DEA Releases Updated ‘Drug Slang Code Words’ Intelligence Report

DEA Releases Updated ‘Drug Slang Code Words’ Intelligence Report

The Drug Enforcement Administration (DEA) has recently released an unclassified intelligence report that serves as an updated version of a publication named ‘Drug Slang Code Words,’ issued by the agency in May 2017.

In addition to listing slang terms and code words for drugs, the report includes new informational material that has been gathered from a number of different sources in the law enforcement field and supplementary open sources.

The publication was designed to be a complete reference for law enforcement officers and members of other organizations who have the tendency to come in contact with slang terms or code words that are used to describe or identify different controlled and illicit substances as well as synthetic and/or designer drugs.

The slang terms and code words are alphabetically listed in the report and the information that has been added this year can be seen italicized. In addition, the document identifies the substances and different drug categories not only in English but also in the applicable language derivations.

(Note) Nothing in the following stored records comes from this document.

-- ===== src/Update/Url.antt =====
-- src/update.rs: which URLs are trusted, and the download that follows redirects hop by hop.
use sysu_netauth.Common.{
  ℕ, ◌+◌, zero, suc, Bool, true, false, not, ◌&&◌, ◌||◌, Option, none, some, List, [], ◌∷◌, ◌++◌,
  leb, ltb, ◌==◌, if◌then◌else◌, Result, ok, err, any, drop,
}
use sysu_netauth.Common.Bytes.{bytes_eq}
use sysu_netauth.Update.Text.{codes}

-- `str::strip_prefix` with a text
unfoldable pub strip_prefix : List ℕ → List ℕ → Option (List ℕ)
strip_prefix [] url = some url
strip_prefix (p ∷ ps) [] = none
strip_prefix (p ∷ ps) (c ∷ cs) = if p == c then strip_prefix ps cs else none

-- `split(['/', '?', '#']).next()`
unfoldable pub until_delimiter : List ℕ → List ℕ
until_delimiter [] = []
until_delimiter (c ∷ cs) =
    if (c == b'/') || (c == b'?') || (c == b'#') then [] else c ∷ until_delimiter cs

-- `host.strip_suffix(":443").unwrap_or(host)`
unfoldable pub strip_port : List ℕ → List ℕ
strip_port [] = []
strip_port (c ∷ cs) = if bytes_eq (c ∷ cs) (codes ":443") then [] else c ∷ strip_port cs

-- `char::is_control`: the category Cc
abbrev pub is_control : ℕ → Bool
is_control c = ltb c 32 || leb 127 c && leb c 159

abbrev lower : ℕ → ℕ
lower c = if leb b'A' c && leb c b'Z' then c + 32 else c

-- `eq_ignore_ascii_case`
unfoldable pub eq_ignore_ascii_case : List ℕ → List ℕ → Bool
eq_ignore_ascii_case [] [] = true
eq_ignore_ascii_case [] (y ∷ ys) = false
eq_ignore_ascii_case (x ∷ xs) [] = false
eq_ignore_ascii_case (x ∷ xs) (y ∷ ys) = (lower x == lower y) && eq_ignore_ascii_case xs ys

trusted_tail : List ℕ → List (List ℕ) → Option (List ℕ) → Bool
trusted_tail url hosts none = false
trusted_tail url hosts (some tail) =
    let host = strip_port (until_delimiter tail) in
    not (any (λ c. is_control c || (c == 0x5c)) url) && any (λ h. eq_ignore_ascii_case host h) hosts

unfoldable pub safe_url : List ℕ → List (List ℕ) → Bool
unfolding trusted_tail strip_prefix until_delimiter strip_port eq_ignore_ascii_case
safe_url url hosts = trusted_tail url hosts (strip_prefix (codes "https://") url)

pub data Download : Type 0 where
  body : List ℕ → Download
  redirect : List ℕ → Download

-- The UTF-8 length of a text.
abbrev utf8_size : ℕ → ℕ
utf8_size c = if ltb c 0x80 then 1 else if ltb c 0x800 then 2 else if ltb c 0x10000 then 3 else 4

abbrev pub byte_length : List ℕ → ℕ
byte_length [] = 0
byte_length (c ∷ cs) = utf8_size c + byte_length cs

-- `split('/').next()`
until_slash : List ℕ → List ℕ
until_slash [] = []
until_slash (c ∷ cs) = if c == b'/' then [] else c ∷ until_slash cs

-- A location that starts with one slash stays on the host of the current URL.
pub resolve : List ℕ → List ℕ → List ℕ
unfolding until_slash
resolve current [] = []
resolve current (c ∷ []) =
    if c == b'/' then codes "https://" ++ (until_slash (drop 8 current) ++ (c ∷ [])) else c ∷ []
resolve current (c ∷ d ∷ rest) =
    if (c == b'/') && not (d == b'/')
    then codes "https://" ++ (until_slash (drop 8 current) ++ (c ∷ d ∷ rest))
    else c ∷ d ∷ rest

-- What the loop asked for, and what came of it.
pub record Downloaded : Type 0 where
  pub requested : List (List ℕ)
  pub result : Result (List ℕ)

abbrev also : List ℕ → Downloaded → Downloaded
also url d = record d { requested = url ∷ d.requested }

-- `for hop in 0..=3`, with the hops left and the number of this one. `request n` is the answer of
-- the native client to the n-th request; a redirect on the last hop is refused.
unfoldable pub download_from :
    (ℕ → List ℕ → Result Download) → List (List ℕ) → ℕ → ℕ → List ℕ → Downloaded
unfolding resolve
download_from request hosts zero hop current = record { requested = []; result = err "unreachable" }
download_from request hosts (suc left) hop current =
    let follow = λ (location : List ℕ).
      download_from request hosts left (hop + 1) (resolve current location) in
    if not (safe_url current hosts)
    then record { requested = []; result = err "untrusted download URL" }
    else also current (elim (request hop current) [
      | err e ↦ record { requested = []; result = err e }
      | ok (body bytes) ↦ record { requested = []; result = ok bytes }
      | ok (redirect location) ↦
          (if ltb hop 3 && leb (byte_length location) 8192
            then follow location
            else record { requested = []; result = err "too many or invalid HTTPS redirects" })
    ])

unfoldable pub download : (ℕ → List ℕ → Result Download) → List (List ℕ) → List ℕ → Downloaded
unfolding download_from
download request hosts url = download_from request hosts 4 0 url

Furthermore, the DEA includes words and expressions that are currently used to describe locations, weapons, measurements and other varied terms that are pertinent to the drug trade scene in the country.

The ‘locations’ category of the report is mostly comprised of slangs for places and regions in South and Central America. A few of the major U.S. cities and states are also included.

Some of the terms found under the ‘measurements’ category are commonly used quantifiers or numerals but there are also various different slangs used to describe drug amounts, such as ‘pencil,’ ‘notebook’ and ‘short.’

Essentially every item included in the ‘weapons’ category is followed by an expression in Spanish. The only exception is ‘straps,’ which follows the word ‘firearms.’

A number of expressions in Spanish can also be found under the ‘miscellaneous’ category. The exceptions are the expression ‘party time,’ which is apparently used to represent that ‘work is coming,’ and ‘blew up a bag,’ used to describe a heroin overdose.

This year’s ‘Drug Slang Code Words’ report also features several slangs and terms used to describe cannabis strains and varieties, such as marijuana combined with other substances. For example, the DEA recognizes ‘blue dream,’ a Sativa-dominant marijuana hybrid, for the first time this year.

Throughout the entire report, there are more than 400 terms used to describe marijuana and marijuana mixed with other substances.

The terminology of the report prompted a number of different responses and critique. Some critics quickly commented on the fact that some of the expressions do not appear to be as popular as the federal agency makes them seem, at least among the younger generations. ‘Devil’s lettuce,’ for instance, as a code for marijuana, looks like wouldn’t be very popular among millennials — the least religious generation yet, according to surveys.

Seemingly equally unusual, or outdated, would be for younger generations to refer to marijuana by using names of early 20th century figures like Alice B. Toklas. But that’s also suggested in the report.

Others pointed out that countless expressions and slangs included in the report are most certainly not singularly used to describe drug abuse or related situations. For example, the report states that the word ‘Arizona’ and the word ‘shoes’ are used to connote marijuana, while ‘cheese,’ ‘coffee’ and ‘chocolate’ are all used in place of heroin. Concurrently, other words that are considerably well-known as terms used to describe some of the drugs, such as ‘blunts’ or ‘gas,’ were not included in the document.

A number of terms that have been previously used by members of the DEA, such as ‘n-bomb,’ also did not make into the report.

Other public observations have been made regarding select words that are deemed by the report to be slangs but in theory are not — according to the report, ‘MMJ’ is a slang that means marijuana rather than an abbreviation for medical marijuana.

A possible reason for such inclusions is the fact that, according to the DEA, the recent document is supposed to attempt to be as all-encompassing as possible.

The authors of the 124-page report have highlighted that the goal of the document is to convey the terminology that surrounds substance abuse and drug trade situations to the furthest extent.

The authors also emphasized that extensive efforts have been made to ensure the precision and inclusiveness of the information that has been presented.

However, they stated, successive additions, removals, and adjustments are to be expected due to the evolving dynamics of the substance trade scene.